_Work instruction:_ After locating the line with "if opens_new_bin newest" in the data that follows, return it and every later line exactly, up to and including the line with "-- The increment".

Top of Dataset records

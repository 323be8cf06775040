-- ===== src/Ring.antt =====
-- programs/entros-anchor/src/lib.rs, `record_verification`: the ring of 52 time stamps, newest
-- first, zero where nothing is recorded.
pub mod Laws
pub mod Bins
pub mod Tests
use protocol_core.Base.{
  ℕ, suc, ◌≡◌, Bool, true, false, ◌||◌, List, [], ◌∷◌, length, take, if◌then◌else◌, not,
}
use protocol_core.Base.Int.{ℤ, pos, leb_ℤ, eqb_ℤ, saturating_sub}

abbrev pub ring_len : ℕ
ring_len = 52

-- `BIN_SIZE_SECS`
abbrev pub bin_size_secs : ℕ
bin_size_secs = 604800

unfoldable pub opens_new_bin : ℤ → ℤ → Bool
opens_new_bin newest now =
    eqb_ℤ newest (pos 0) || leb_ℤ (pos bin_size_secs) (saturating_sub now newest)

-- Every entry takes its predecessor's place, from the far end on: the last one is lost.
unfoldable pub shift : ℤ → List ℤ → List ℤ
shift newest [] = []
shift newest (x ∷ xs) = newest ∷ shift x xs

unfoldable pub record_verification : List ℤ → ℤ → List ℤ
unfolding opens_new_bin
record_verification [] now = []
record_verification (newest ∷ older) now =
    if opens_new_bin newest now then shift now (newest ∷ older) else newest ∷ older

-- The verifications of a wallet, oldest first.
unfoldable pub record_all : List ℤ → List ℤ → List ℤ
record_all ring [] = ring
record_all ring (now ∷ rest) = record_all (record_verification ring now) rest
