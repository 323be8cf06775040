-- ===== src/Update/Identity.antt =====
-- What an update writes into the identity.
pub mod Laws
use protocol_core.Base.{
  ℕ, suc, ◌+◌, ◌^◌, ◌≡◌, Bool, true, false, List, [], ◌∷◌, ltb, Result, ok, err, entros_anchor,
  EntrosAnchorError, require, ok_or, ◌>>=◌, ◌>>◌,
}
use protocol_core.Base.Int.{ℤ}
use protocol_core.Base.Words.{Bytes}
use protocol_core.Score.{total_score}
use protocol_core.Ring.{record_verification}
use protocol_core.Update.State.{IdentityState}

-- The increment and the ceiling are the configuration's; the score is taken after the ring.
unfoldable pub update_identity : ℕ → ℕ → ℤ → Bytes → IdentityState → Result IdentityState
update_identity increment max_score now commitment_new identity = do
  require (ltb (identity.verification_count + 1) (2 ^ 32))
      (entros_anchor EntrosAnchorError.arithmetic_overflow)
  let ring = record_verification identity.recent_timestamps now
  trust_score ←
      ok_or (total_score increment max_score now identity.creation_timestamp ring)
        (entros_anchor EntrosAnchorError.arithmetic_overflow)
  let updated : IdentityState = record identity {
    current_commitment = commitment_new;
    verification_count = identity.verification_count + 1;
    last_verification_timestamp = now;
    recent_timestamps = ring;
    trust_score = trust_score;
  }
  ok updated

Bottom of Dataset records

_Exercise result:_
    if opens_new_bin newest now then shift now (newest ∷ older) else newest ∷ older

-- The verifications of a wallet, oldest first.
unfoldable pub record_all : List ℤ → List ℤ → List ℤ
record_all ring [] = ring
record_all ring (now ∷ rest) = record_all (record_verification ring now) rest
repository 323be8cf06775040
-- ===== src/Update/Identity.antt =====
-- What an update writes into the identity.
pub mod Laws
use protocol_core.Base.{
  ℕ, suc, ◌+◌, ◌^◌, ◌≡◌, Bool, true, false, List, [], ◌∷◌, ltb, Result, ok, err, entros_anchor,
  EntrosAnchorError, require, ok_or, ◌>>=◌, ◌>>◌,
}
use protocol_core.Base.Int.{ℤ}
use protocol_core.Base.Words.{Bytes}
use protocol_core.Score.{total_score}
use protocol_core.Ring.{record_verification}
use protocol_core.Update.State.{IdentityState}

-- The increment and the ceiling are the configuration's; the score is taken after the ring.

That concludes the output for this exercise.